More Reading (and watching)
To celebrate Firefox’s 20th birthday, Mozilla shared 20 red panda (firefox) live cams. Mozilla partners with the Red Panda Network to raise awareness of their importance in their Himalayan habitat.
A useful Mac app is dead. Delicious Library was designed to track physical books, DVDs, CDs and video games. This week Amazon shut off the feed used by the app to look up items, so the developer removed it from the Mac app store and took down the website. Existing users can still enter items manually.
Flickr is running its annual “Your Best Shot” contest, with nice prizes. You can submit your best photo through January 4th.
Taylor Lorenz @ Passionfruit: How Brain Rot Became the Internet’s Newest Language. (This makes me feel really old.)
Spotify is testing new audiobook features, including author pages, promotional video clips and a “follow along” feature that shows time-synchronized illustrations, graphics and photos as you listen to the book.
This story in The Atlantic about “The business school scandal that keeps getting bigger” should make you think twice about business psychology (“science of success”) studies that make big claims.
Mia Sato @ The Verge: The influencer lawsuit that could change the industry. “Content creators are gig workers with a fancier job description, operating like an army of freelance one-person marketing firms, navigating an industry where just about anything goes.”

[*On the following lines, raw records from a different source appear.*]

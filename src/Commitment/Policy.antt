-- ===== src/Commitment/Policy.antt =====
-- src/cee_core/commitment_policy.py: the default commitment policy.
use cognitive_execution_engi.Prelude.{
  String, Bool, true, false, not, ◌<>◌, Option, none, some, ◌≡◌, refl, arith, ◌↔◌, ◌⊎◌,
}
use cognitive_execution_engi.Commitment.{
  CommitmentKind, observe, act, tool_contact, internal_commit, other_kind, Reversibility,
  reversible, partially_reversible, irreversible, other_reversibility, kind_text,
}

pub record CommitmentPolicyDecision : Type 0 where
  pub allowed : Bool
  pub reason : String
  pub requires_approval : Bool

unknown : CommitmentKind → CommitmentPolicyDecision
unfolding kind_text
unknown kind = record {
  allowed = false;
  reason = "unknown commitment kind: " <> kind_text kind;
  requires_approval = true;
}

evaluate_act : Option Reversibility → CommitmentPolicyDecision
unfolding unknown
evaluate_act none = record {
  allowed = false;
  reason = "act commitment requires explicit reversibility";
  requires_approval = true;
}
evaluate_act (some reversible) = record {
  allowed = true;
  reason = "reversible act allowed by default policy";
  requires_approval = false;
}
evaluate_act (some partially_reversible) = record {
  allowed = true;
  reason = "partially_reversible act allowed with warning by default policy";
  requires_approval = false;
}
evaluate_act (some irreversible) = record {
  allowed = false;
  reason = "irreversible act requires human approval";
  requires_approval = true;
}
evaluate_act (some (other_reversibility s)) = unknown act

-- `DefaultCommitmentPolicy.evaluate`
unfoldable pub evaluate : CommitmentKind → Option Reversibility → CommitmentPolicyDecision
unfolding evaluate_act
evaluate observe r = record {
  allowed = true;
  reason = "observe commitment allowed by default policy";
  requires_approval = false;
}
evaluate act r = evaluate_act r
evaluate tool_contact r = record {
  allowed = true;
  reason = "tool_contact commitment allowed by default policy";
  requires_approval = false;
}
evaluate internal_commit r = record {
  allowed = true;
  reason = "internal_commit allowed by default policy";
  requires_approval = false;
}
evaluate (other_kind s) r = unknown (other_kind s)

-- `evaluate_commitment_policy`: the given policy, or the default one
unfoldable pub evaluate_commitment_policy :
    CommitmentKind
    → Option Reversibility
    → Option (CommitmentKind → Option Reversibility → CommitmentPolicyDecision)
    → CommitmentPolicyDecision
unfolding evaluate
evaluate_commitment_policy kind r none = evaluate kind r
evaluate_commitment_policy kind r (some policy) = policy kind r

-- The default policy allows exactly the observations, tool contacts and internal commitments, and
-- the acts declared reversible or partially reversible; it asks for approval exactly where it does
-- not allow.
pub evaluate_allows :
    (kind : CommitmentKind) (r : Option Reversibility)
    → ((evaluate kind r).allowed ≡ true
        ↔ (kind ≡ observe)
          ⊎ (kind ≡ tool_contact)
          ⊎ (kind ≡ internal_commit)
          ⊎ (kind ≡ act) × ((r ≡ some reversible) ⊎ (r ≡ some partially_reversible)))
      × ((evaluate kind r).requires_approval ≡ not (evaluate kind r).allowed)
unfolding evaluate
evaluate_allows observe r = ((ground arith, ground arith), refl)
evaluate_allows act none = ((ground arith, ground arith), refl)
evaluate_allows act (some reversible) = ((ground arith, ground arith), refl)
evaluate_allows act (some _) = ((ground arith, ground arith), refl)
evaluate_allows _ r = ((ground arith, ground arith), refl)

Between 2009 and 2012 Apple iPhones and iPod Touches had a “send to YouTube” button for videos. The videos are unedited and the title is just the video file number. There are millions of these videos and Ben Wallace takes a look and celebrates these early creators.
And finally, in the final weeks of her life, YouTube CEO Susan Wojcicki wrote a post for Lung Cancer Awareness Month (this month). What I didn’t know: lung cancer is the number one cause of cancer death in women, the second most common cancer in women, and the rate of lung cancer in non-smokers is rising.